• [WHAT IS BEING ASKED]: Below are lines of data, and only some are wanted. Please repeat exactly those from the line that has "rescan h = posted" through the line that has "reached_all (c ∷".

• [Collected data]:
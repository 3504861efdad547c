-- ===== src/Service/Handle.antt =====
-- crates/is-net/src/service.rs: the handle on a running service, and what `Service::start` works out. The
-- channel to the actor is the list of what went into it; binding a port is the system's.
use Prim.Native.String.{String}
use inputshare.Base.{
  ℕ, ◌+◌, ◌==◌, Bool, false, ◌||◌, ◌&&◌, Option, none, some, List, [], ◌∷◌, ◌++◌, if◌then◌else◌,
}
use inputshare.Store.Files.{Identity}
use inputshare.Model.{WorkspaceDoc, WorkspaceUpdate}
use inputshare.Sharing.{InputEvent}
use inputshare.Wire.{Announcement, protocol_version}
use inputshare.Service.{SocketAddr}
use inputshare.Service.Loop.{Internal}

-- What a request to bind a port comes to.
pub data Bound : Type 0 where
  listening : ℕ → Bound
  in_use refused : Bound

abbrev pub port_of : Bound → Option ℕ
port_of (listening port) = some port
port_of in_use = none
port_of refused = none

-- A port that is taken is given up for any free one.
unfoldable pub bind_transport : (ℕ → Bound) → ℕ → Option ℕ
bind_transport bind preferred = elim (bind preferred) [
  | listening port ↦ some port
  | in_use ↦ if preferred == 0 then none else port_of (bind 0)
  | refused ↦ none
]

pub record Config : Type 0 where
  pub identity : Identity
  pub discovery_port : ℕ
  pub transport_port : ℕ
  pub announce_interval : ℕ

abbrev pub default_config : Identity → Config
default_config identity = record {
  identity = identity;
  discovery_port = 47451;
  transport_port = 47452;
  announce_interval = 3000;
}

-- What the announcements and the replies say of this machine, each time anew.
abbrev workspace_of : Option WorkspaceDoc → Option ℕ
workspace_of none = none
workspace_of (some doc) = some doc.workspace_id

unfoldable pub describe : ℕ → ℕ → String → Option WorkspaceDoc → List ℕ → ℕ → Announcement
describe machine_id identity_key name doc invitations port = record {
  protocol = protocol_version;
  machine_id = machine_id;
  identity_key = identity_key;
  display_name = name;
  workspace_id = workspace_of doc;
  transport_port = port;
  probe = false;
  invitations = invitations;
}

-- The handle; `woken` counts the calls that wake the announcer.
pub record Handle : Type 0 where
  pub inbox : List Internal
  pub woken : ℕ
  pub manual : List SocketAddr
  pub discovery_port : ℕ
  pub transport_port : ℕ

abbrev pub started : Config → ℕ → Handle
started config port = record {
  inbox = [];
  woken = 0;
  manual = [];
  discovery_port = config.discovery_port;
  transport_port = port;
}

unfoldable pub posted : Internal → Handle → Handle
posted message h = record h { inbox = h.inbox ++ message ∷ [] }

unfoldable pub broadcast : WorkspaceUpdate → Handle → Handle
unfolding posted
broadcast u h = posted (Internal.broadcast u) h

unfoldable pub send_input : ℕ → List InputEvent → Handle → Handle
unfolding posted
send_input to events h = posted (Internal.send_input to events) h

unfoldable pub announce_cursor_owner : ℕ → Handle → Handle
unfolding posted
announce_cursor_owner machine h = posted (Internal.announce_cursor_owner machine) h

abbrev same_addr : SocketAddr → SocketAddr → Bool
same_addr a b = a.ip == b.ip && a.port == b.port

unfoldable pub holds_addr : List SocketAddr → SocketAddr → Bool
holds_addr [] addr = false
holds_addr (x ∷ xs) addr = same_addr x addr || holds_addr xs addr

unfoldable pub retained : List SocketAddr → SocketAddr → List SocketAddr
retained [] addr = []
retained (x ∷ xs) addr = let rest = retained xs addr in if same_addr x addr then rest else x ∷ rest

unfoldable pub add_manual_peer : SocketAddr → Handle → Handle
unfolding holds_addr
add_manual_peer addr h = record h {
  manual = (if holds_addr h.manual addr then h.manual else h.manual ++ addr ∷ []);
  woken = h.woken + 1;
}

unfoldable pub forget_manual_peer : SocketAddr → Handle → Handle
unfolding retained
forget_manual_peer addr h = record h { manual = retained h.manual addr }

unfoldable pub rescan : Handle → Handle
unfolding posted
rescan h = posted Internal.rescan (record h { woken = h.woken + 1 })

unfoldable pub shutdown : Handle → Handle
unfolding posted
shutdown h = posted Internal.shutdown h
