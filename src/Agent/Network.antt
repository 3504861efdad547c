-- ===== src/Agent/Network.antt =====
-- crates/is-agent/src/lib.rs and crates/is-net/src/service.rs: the agent's calls, and the service that they
-- are made on.
use inputshare.Base.{true, List, [], ◌∷◌, ◌++◌, ◌≡◌, refl, ap, ◌∙◌, if◌then◌else◌}
use inputshare.Service.{SocketAddr}
use inputshare.Service.Handle.{Handle, holds_addr, retained, posted}
use inputshare.Service.Handle
use inputshare.Agent.{Agent, NetCall, call_net, announce_change}
use inputshare.Agent.Local.{has_addr, without_addr, add_manual_peer, forget_manual_peer}

-- A call reaches the service.
abbrev pub reached : NetCall → Handle → Handle
reached (NetCall.broadcast u) h = Handle.broadcast u h
reached (NetCall.announce_cursor_owner machine) h = Handle.announce_cursor_owner machine h
reached (NetCall.send_input to events) h = Handle.send_input to events h
reached (NetCall.add_manual_peer addr) h = Handle.add_manual_peer addr h
reached (NetCall.forget_manual_peer addr) h = Handle.forget_manual_peer addr h
reached NetCall.rescan h = Handle.rescan h

unfoldable pub reached_all : List NetCall → Handle → Handle
reached_all [] h = h
reached_all (c ∷ cs) h = reached_all cs (reached c h)

-- What the person at the machine does to the list of addresses.
pub data Edit : Type 0 where
  add forget : SocketAddr → Edit

abbrev pub edited : Edit → Agent → Agent
edited (add addr) a = add_manual_peer addr a
edited (forget addr) a = forget_manual_peer addr a

unfoldable pub edited_all : List Edit → Agent → Agent
edited_all [] a = a
edited_all (e ∷ es) a = edited_all es (edited e a)

-- The calls made so far leave the service with the agent's addresses.
abbrev pub Agrees : Handle → Agent → Type 0
Agrees h a = (a.net ≡ true) × ((reached_all a.calls h).manual ≡ a.manual_peers)

reached-append :
    (cs : List NetCall) (c : NetCall) (h : Handle)
    → reached_all (cs ++ c ∷ []) h ≡ reached c (reached_all cs h)
unfolding reached_all
reached-append [] c h = refl
reached-append (d ∷ cs) c h = reached-append cs c (reached d h)

same_test : (xs : List SocketAddr) (addr : SocketAddr) → holds_addr xs addr ≡ has_addr xs addr
unfolding holds_addr has_addr
same_test [] addr = refl
same_test (x ∷ xs) addr = rw (same_test xs addr) refl

same_rest : (xs : List SocketAddr) (addr : SocketAddr) → retained xs addr ≡ without_addr xs addr
unfolding retained without_addr
same_rest [] addr = refl
same_rest (x ∷ xs) addr = rw (same_rest xs addr) refl

edited-Agrees : (e : Edit) (h : Handle) (a : Agent) → Agrees h a → Agrees h (edited e a)
unfolding add_manual_peer forget_manual_peer call_net announce_change Handle.add_manual_peer
    Handle.forget_manual_peer
edited-Agrees (add addr) h a (up, same) =
    let peers = a.manual_peers in
    let reach = reached-append a.calls (NetCall.add_manual_peer addr) h in
    rw up (
      refl,
      ap (λ (k : Handle). k.manual) reach
          ∙ (ap (λ m. if holds_addr m addr then m else m ++ addr ∷ []) same
              ∙ ap (λ t. if t then peers else peers ++ addr ∷ []) (same_test peers addr)),
    )
edited-Agrees (forget addr) h a (up, same) =
    let reach = reached-append a.calls (NetCall.forget_manual_peer addr) h in
    rw up (
      refl,
      ap (λ (k : Handle). k.manual) reach
          ∙ (ap (λ m. retained m addr) same ∙ same_rest a.manual_peers addr),
    )

-- While the service runs, the addresses that it contacts directly stay those that the agent shows, after
-- any sequence of addresses being typed in and forgotten.
pub manual-Agrees :
    (es : List Edit) (h : Handle) (a : Agent) → Agrees h a → Agrees h (edited_all es a)
unfolding edited_all
manual-Agrees [] h a p = p
manual-Agrees (e ∷ es) h a p = manual-Agrees es h (edited e a) (edited-Agrees e h a p)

• [TASK ANSWER]:
rescan h = posted Internal.rescan (record h { woken = h.woken + 1 })

unfoldable pub shutdown : Handle → Handle
unfolding posted
shutdown h = posted Internal.shutdown h
filename src/Agent/Network.antt
repository 3504861efdad547c
-- ===== src/Agent/Network.antt =====
-- crates/is-agent/src/lib.rs and crates/is-net/src/service.rs: the agent's calls, and the service that they
-- are made on.
use inputshare.Base.{true, List, [], ◌∷◌, ◌++◌, ◌≡◌, refl, ap, ◌∙◌, if◌then◌else◌}
use inputshare.Service.{SocketAddr}
use inputshare.Service.Handle.{Handle, holds_addr, retained, posted}
use inputshare.Service.Handle
use inputshare.Agent.{Agent, NetCall, call_net, announce_change}
use inputshare.Agent.Local.{has_addr, without_addr, add_manual_peer, forget_manual_peer}

-- A call reaches the service.
abbrev pub reached : NetCall → Handle → Handle
reached (NetCall.broadcast u) h = Handle.broadcast u h
reached (NetCall.announce_cursor_owner machine) h = Handle.announce_cursor_owner machine h
reached (NetCall.send_input to events) h = Handle.send_input to events h
reached (NetCall.add_manual_peer addr) h = Handle.add_manual_peer addr h
reached (NetCall.forget_manual_peer addr) h = Handle.forget_manual_peer addr h
reached NetCall.rescan h = Handle.rescan h

unfoldable pub reached_all : List NetCall → Handle → Handle
reached_all [] h = h
reached_all (c ∷ cs) h = reached_all cs (reached c h)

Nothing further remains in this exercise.